The attacks were politically convenient, and seemed with resonate with seniors. But they never made much sense. In part that's because Romney was simultaneously pretending to be running as someone who wanted to cut spending and reform health care entitlements. An even bigger reason, though, is that Romney's own running mate, Rep. Paul Ryan, the GOP Chair of the House Budget Committee, had proposed those exact same cuts in budgets that he and most of the House Republicans had voted for.

Romney promised to nix Obama's Medicare cuts, and restore spending to the program. But now it looks like Rep. Ryan will once again propose to keep those cuts in place. The Hill reports that Republicans on the Budget Committee expected that the cuts will remain in the next GOP budget, despite their prominence in the campaign. 

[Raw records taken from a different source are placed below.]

-- ===== src/Cache/Kept.antt =====
-- apps/api/cache.py: what every step of readers and writers keeps.
use meraipo.Prelude.{
  ℕ, ◌+◌, ◌≤◌, ◌≡◌, refl, sym, ◌∙◌, Bool, true, false, not, ◌==◌, if◌then◌else◌, all_of, All,
  All-at, All-remove, All-update, All-map, All-map_where, &&_true, arith,
}
use meraipo.Cache.{
  Reader, began, cleared, located, bypassed, loaded, answered, Writer, idle, locked, marked,
  committed, advanced, Site, Turn, looks, bypasses, gives_up, gives_up_located, gets, hits, loads,
  loads_past, loses, Step, begins, turns, stores, expires, locks, marks, commits_data, advances,
  clears, quits, forgets, in_past, is_idle,
}
use mathlib.Core.Bool.{false≢true}
use mathlib.Core.Path.{subst}

-- Whether the data of the current generation may be served: no marker, or the generation is new.
abbrev pub served_by : Writer → Bool → Bool
served_by advanced dirty = true
served_by _ dirty = not dirty

abbrev pub is_served : Site → Bool
is_served s = served_by s.writer s.dirty

served_by-false : (w : Writer) → served_by w false ≡ true
served_by-false idle = refl
served_by-false locked = refl
served_by-false marked = refl
served_by-false committed = refl
served_by-false advanced = refl

-- Whether the writer has set the marker.
abbrev pub has_marked : Writer → Bool
has_marked idle = false
has_marked locked = false
has_marked _ = true

module _ (f : ℕ → ℕ) (commits generation : ℕ) where
  abbrev pub EntryFits : ℕ × ℕ → Type 0
  EntryFits e = (f e.0 ≤ e.1) × (e.1 ≤ commits) × (e.0 ≤ generation)

  abbrev pub ReaderFits : Reader → Type 0
  ReaderFits (began n) = n ≤ commits
  ReaderFits (cleared n) = n ≤ f generation
  ReaderFits (located n g) = (n ≤ f g) × (g ≤ generation)
  ReaderFits (bypassed n) = n ≤ commits
  ReaderFits (loaded n g d) = (n ≤ d) × (f g ≤ d) × (d ≤ commits) × (g ≤ generation)
  ReaderFits (answered n d) = (n ≤ d) × (d ≤ commits)

-- `f` gives each generation the oldest data that its entries may hold.
pub record Fits (f : ℕ → ℕ) (s : Site) : Type 0 where
  pub floors : (g : ℕ) → f g ≤ s.commits
  pub settled : is_served s ≡ true → f s.generation ≡ s.commits
  pub guarded : has_marked s.writer ≡ true → s.dirty ≡ true
  pub held : All (EntryFits f s.commits s.generation) s.entries
  pub moving : All (ReaderFits f s.commits s.generation) s.readers

clean_served : (s : Site) → s.dirty ≡ false → is_served s ≡ true
clean_served s e = rw e (served_by-false s.writer)

Turn-ReaderFits :
    (f : ℕ → ℕ) (s : Site) (r r' : Reader)
    → Fits f s
    → ReaderFits f s.commits s.generation r
    → Turn s r r'
    → ReaderFits f s.commits s.generation r'
Turn-ReaderFits f s _ _ k h (looks n e) = omega (arith, k.settled (clean_served s e))
Turn-ReaderFits f s _ _ k h (bypasses n) = h
Turn-ReaderFits f s _ _ k h (gives_up n) = omega (arith, k.floors s.generation)
Turn-ReaderFits f s _ _ k h (gives_up_located n g) = omega (arith, h.0, k.floors g)
Turn-ReaderFits f s _ _ k h (gets n) = (h, omega arith)
Turn-ReaderFits f s _ _ k h (hits n g d before after e) =
    let fit =
      All-at (EntryFits f s.commits s.generation) before after (g, d)
        (subst (All (EntryFits f s.commits s.generation)) e k.held) in
    (omega (arith, h.0, fit.0), fit.1)
Turn-ReaderFits f s _ _ k h (loads n g) =
    (omega (arith, h.0, k.floors g), k.floors g, omega arith, h.1)
Turn-ReaderFits f s _ _ k h (loads_past n) = (h, omega arith)
Turn-ReaderFits f s _ _ k h (loses n g d) = (h.0, h.2)

-- The floors after generation `g` is given the floor `n`.
abbrev pub raise : (ℕ → ℕ) → ℕ → ℕ → ℕ → ℕ
raise f g n x = if x == g then n else f x

-- More commits, a later generation and floors that agree below it keep what fits.
module _ (f f' : ℕ → ℕ) (c c' g g' : ℕ) (more : c ≤ c') (later : g ≤ g')
    (agree : (x : ℕ) → x ≤ g → f' x ≡ f x) (current : f g ≤ f' g') where
  grow-EntryFits : (e : ℕ × ℕ) → EntryFits f c g e → EntryFits f' c' g' e
  grow-EntryFits e (a, b, d) = (omega (arith, agree e.0 d), omega arith, omega arith)

  grow-ReaderFits : (r : Reader) → ReaderFits f c g r → ReaderFits f' c' g' r
  grow-ReaderFits (began n) h = omega arith
  grow-ReaderFits (cleared n) h = omega arith
  grow-ReaderFits (located n x) (a, b) = (omega (arith, agree x b), omega arith)
  grow-ReaderFits (bypassed n) h = omega arith
  grow-ReaderFits (loaded n x d) (a, b, e, l) =
      (a, omega (arith, agree x l), omega arith, omega arith)
  grow-ReaderFits (answered n d) (a, b) = (a, omega arith)

not-true : (b : Bool) → not b ≡ true → b ≡ false
not-true true h = absurd (false≢true h)
not-true false h = refl

idle_unmarked : (w : Writer) → is_idle w ≡ true → has_marked w ≡ true → false ≡ true
idle_unmarked idle i h = h
idle_unmarked locked i h = i
idle_unmarked marked i h = i
idle_unmarked committed i h = i
idle_unmarked advanced i h = i

forget-EntryFits :
    (f : ℕ → ℕ) (s : Site) (e : ℕ × ℕ)
    → not (e.0 == s.generation) ≡ true
    → EntryFits f s.commits s.generation e
    → EntryFits (raise f s.generation s.commits) s.commits s.generation e
forget-EntryFits f s (g, d) h (a, b, c) = (ground arith, b, c)

forget-ReaderFits :
    (f : ℕ → ℕ) (s : Site) (r : Reader)
    → not (in_past r) ≡ true
    → ReaderFits f s.commits s.generation r
    → ReaderFits (raise f s.generation s.commits) s.commits s.generation r
forget-ReaderFits f s (began n) h k = k
forget-ReaderFits f s (cleared n) h k = absurd (false≢true h)
forget-ReaderFits f s (located n g) h k = absurd (false≢true h)
forget-ReaderFits f s (bypassed n) h k = k
forget-ReaderFits f s (loaded n g d) h k = absurd (false≢true h)
forget-ReaderFits f s (answered n d) h k = k

pub Step-Fits : (f : ℕ → ℕ) (s s' : Site) → Fits f s → Step s s' → (f' : ℕ → ℕ) × Fits f' s'
Step-Fits f _ _ k (begins s) = (
  f,
  record {
    floors = k.floors;
    settled = k.settled;
    guarded = k.guarded;
    held = k.held;
    moving = (omega arith, k.moving);
  },
)
Step-Fits f _ _ k (turns s xs ys r r' e t) =
    let all = subst (All (ReaderFits f s.commits s.generation)) e k.moving in
    let moved = Turn-ReaderFits f s r r' k (All-at _ xs ys r all) t in
    (
      f,
      record {
        floors = k.floors;
        settled = k.settled;
        guarded = k.guarded;
        held = k.held;
        moving = All-update _ xs ys r r' moved all;
      },
    )
Step-Fits f _ _ k (stores s xs ys n g d e) =
    let all = subst (All (ReaderFits f s.commits s.generation)) e k.moving in
    let fit = All-at _ xs ys (loaded n g d) all in
    (
      f,
      record {
        floors = k.floors;
        settled = k.settled;
        guarded = k.guarded;
        held = ((fit.1, fit.2, fit.3), k.held);
        moving = All-update _ xs ys (loaded n g d) (answered n d) (fit.0, omega (arith, fit.2)) all;
      },
    )
Step-Fits f _ _ k (expires s before after x e) = (
  f,
  record {
    floors = k.floors;
    settled = k.settled;
    guarded = k.guarded;
    held = All-remove _ before after x (subst (All (EntryFits f s.commits s.generation)) e k.held);
    moving = k.moving;
  },
)
Step-Fits f _ _ k (locks s e) = (
  f,
  record {
    floors = k.floors;
    settled = λ h. k.settled (clean_served s (not-true s.dirty h));
    guarded = λ h. absurd (false≢true h);
    held = k.held;
    moving = k.moving;
  },
)
Step-Fits f _ _ k (marks s e) = (
  f,
  record {
    floors = k.floors;
    settled = λ h. absurd (false≢true h);
    guarded = λ h. refl;
    held = k.held;
    moving = k.moving;
  },
)
Step-Fits f _ _ k (commits_data s e) = (
  f,
  record {
    floors = λ g. omega (arith, k.floors g);
    settled = λ h. absurd (false≢true (sym (not-true s.dirty h) ∙ k.guarded (rw e refl)));
    guarded = λ h. k.guarded (rw e refl);
    held =
        All-map _ _
          (grow-EntryFits f f s.commits (s.commits + 1) s.generation s.generation (omega arith)
            (omega arith) (λ x l. refl) (omega arith))
          s.entries k.held;
    moving =
        All-map _ _
          (grow-ReaderFits f f s.commits (s.commits + 1) s.generation s.generation (omega arith)
            (omega arith) (λ x l. refl) (omega arith))
          s.readers k.moving;
  },
)
Step-Fits f _ _ k (advances s e) = (
  raise f (s.generation + 1) s.commits,
  record {
    floors = λ g. ground (arith, k.floors g);
    settled = λ h. ground arith;
    guarded = λ h. k.guarded (rw e refl);
    held =
        All-map _ _
          (grow-EntryFits f (raise f (s.generation + 1) s.commits) s.commits s.commits s.generation
            (s.generation + 1) (omega arith) (omega arith) (λ x l. ground arith)
            (ground (arith, k.floors s.generation)))
          s.entries k.held;
    moving =
        All-map _ _
          (grow-ReaderFits f (raise f (s.generation + 1) s.commits) s.commits s.commits s.generation
            (s.generation + 1) (omega arith) (omega arith) (λ x l. ground arith)
            (ground (arith, k.floors s.generation)))
          s.readers k.moving;
  },
)
Step-Fits f _ _ k (clears s e) = (
  f,
  record {
    floors = k.floors;
    settled = λ h. k.settled (rw e refl);
    guarded = λ h. absurd (false≢true h);
    held = k.held;
    moving = k.moving;
  },
)
Step-Fits f _ _ k (quits s) = (
  f,
  record {
    floors = k.floors;
    settled = λ h. k.settled (clean_served s (not-true s.dirty h));
    guarded = λ h. absurd (false≢true h);
    held = k.held;
    moving = k.moving;
  },
)
Step-Fits f _ _ k (forgets s e) =
    let (idles, rest) = &&_true (is_idle s.writer) _ e in
    let (old, past) = &&_true (all_of (λ x. not (x.0 == s.generation)) s.entries) _ rest in
    (
      raise f s.generation s.commits,
      record {
        floors = λ g. ground (arith, k.floors g);
        settled = λ h. ground arith;
        guarded = λ h. idle_unmarked s.writer idles h;
        held = All-map_where _ _ _ (forget-EntryFits f s) s.entries old k.held;
        moving = All-map_where _ _ _ (forget-ReaderFits f s) s.readers past k.moving;
      },
    )
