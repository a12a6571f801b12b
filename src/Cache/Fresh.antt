-- ===== src/Cache/Fresh.antt =====
-- apps/api/cache.py: how old an answer can be.
use meraipo.Prelude.{ℕ, ◌≤◌, ◌≡◌, refl, true, [], All, All-map, arith}
use meraipo.Cache.{
  Reader, began, cleared, located, bypassed, loaded, answered, idle, Site, Reaches, here, step,
}
use mathlib.Core.Bool.{false≢true}
use mathlib.Core.Path.{subst}
use meraipo.Cache.Kept.{has_marked, ReaderFits, Fits, Step-Fits}

reached-Fits :
    (f : ℕ → ℕ) (first last : Site) → Fits f first → Reaches first last → (g : ℕ → ℕ) × Fits g last
reached-Fits f first _ k here = (f, k)
reached-Fits f first _ k (step mid last path s) =
    let (g, j) = reached-Fits f first mid k path in Step-Fits g mid last j s

-- An answer holds data that is at least as new as the last commit before its request, and committed.
abbrev pub IsFresh : ℕ → Reader → Type 0
IsFresh commits (answered n d) = (n ≤ d) × (d ≤ commits)
IsFresh commits _ = Unit

fits-IsFresh : (f : ℕ → ℕ) (c g : ℕ) (r : Reader) → ReaderFits f c g r → IsFresh c r
fits-IsFresh f c g (began n) h = tt
fits-IsFresh f c g (cleared n) h = tt
fits-IsFresh f c g (located n x) h = tt
fits-IsFresh f c g (bypassed n) h = tt
fits-IsFresh f c g (loaded n x d) h = tt
fits-IsFresh f c g (answered n d) h = h

-- From a site with no entry, no reader and no writer at work, however the steps of readers, writers and
-- Redis interleave, failures of Redis and of a commit at any point included, every answer of every
-- reachable site holds data that was committed, and none older than the last commit before the answer's
-- request began.
pub reached-IsFresh :
    (first last : Site)
    → first.entries ≡ []
    → first.readers ≡ []
    → first.writer ≡ idle
    → Reaches first last
    → All (IsFresh last.commits) last.readers
reached-IsFresh first last no_entries no_readers no_writer path =
    let (g, fit) =
      reached-Fits (λ g. first.commits) first last
        record {
          floors = λ g. omega arith;
          settled = λ h. refl;
          guarded = λ h. absurd (false≢true (subst (λ w. has_marked w ≡ true) no_writer h));
          held = rw no_entries tt;
          moving = rw no_readers tt;
        }
        path in
    All-map _ _ (fits-IsFresh g last.commits last.generation) last.readers fit.moving
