-- ===== src/Definition/Tests.antt =====
-- A task definition with the largest port.
use ironbird.Base.{◌≡◌, refl, none, [], ◌∷◌}
use ironbird.Base.Action.{err}
use ironbird.Definition.{
  TaskDefinition, port_too_large, parse_uint, validate_image, validate_port, validate_ports,
  validate_task,
}
use ironbird.Definition.Valid.{IsValidTask, validate_task_iff}

abbrev node : TaskDefinition
node = record {
  name = "node";
  image = record { image = "simapp"; uid = "1000"; gid = "0" };
  ports = "26657" ∷ "65535" ∷ [];
  environment = [];
  data_dir = "";
  entrypoint = [];
  command = [];
  args = [];
  provider_specific_config = none;
}

too_large : validate_port "65536" ≡ err port_too_large
unfolding validate_port parse_uint
too_large = refl

validate_task_iff_example : IsValidTask node
unfolding validate_task validate_image validate_ports validate_port parse_uint
validate_task_iff_example = (validate_task_iff node).0 refl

Stories like these tell you something about the lack of a strong policy vision in the Romney campaign, as well as the willingness of other Republicans to follow along, despite the campaign's weaknesses. More than that, they offer a reminder that Romney's line of attack was always a gamble for entitlement reformers. And at this point it's clear that it was one that didn't pay off. 

No, Romney wasn't the first Republican to run against cutting Medicare, and I suspect he won't be the last. But Romney's attacks, combined with his frustratingly non-specific Medicare reform proposal, helped position the GOP as a party defending against cuts and changes to Medicare. The party that won't make cuts, that wants the government to keep its hands off Medicare, not the party that wants to transform and reform the nation's biggest long-term fiscal problem. 

In this case, I suspect that Republicans will just ignore what Romney said during the campaign and proceed to include the $716 billion in cuts in future budgets. But I also suspect that if the time comes to negotiate more substantial Medicare reform, the GOP will have Romney's words thrown back at them.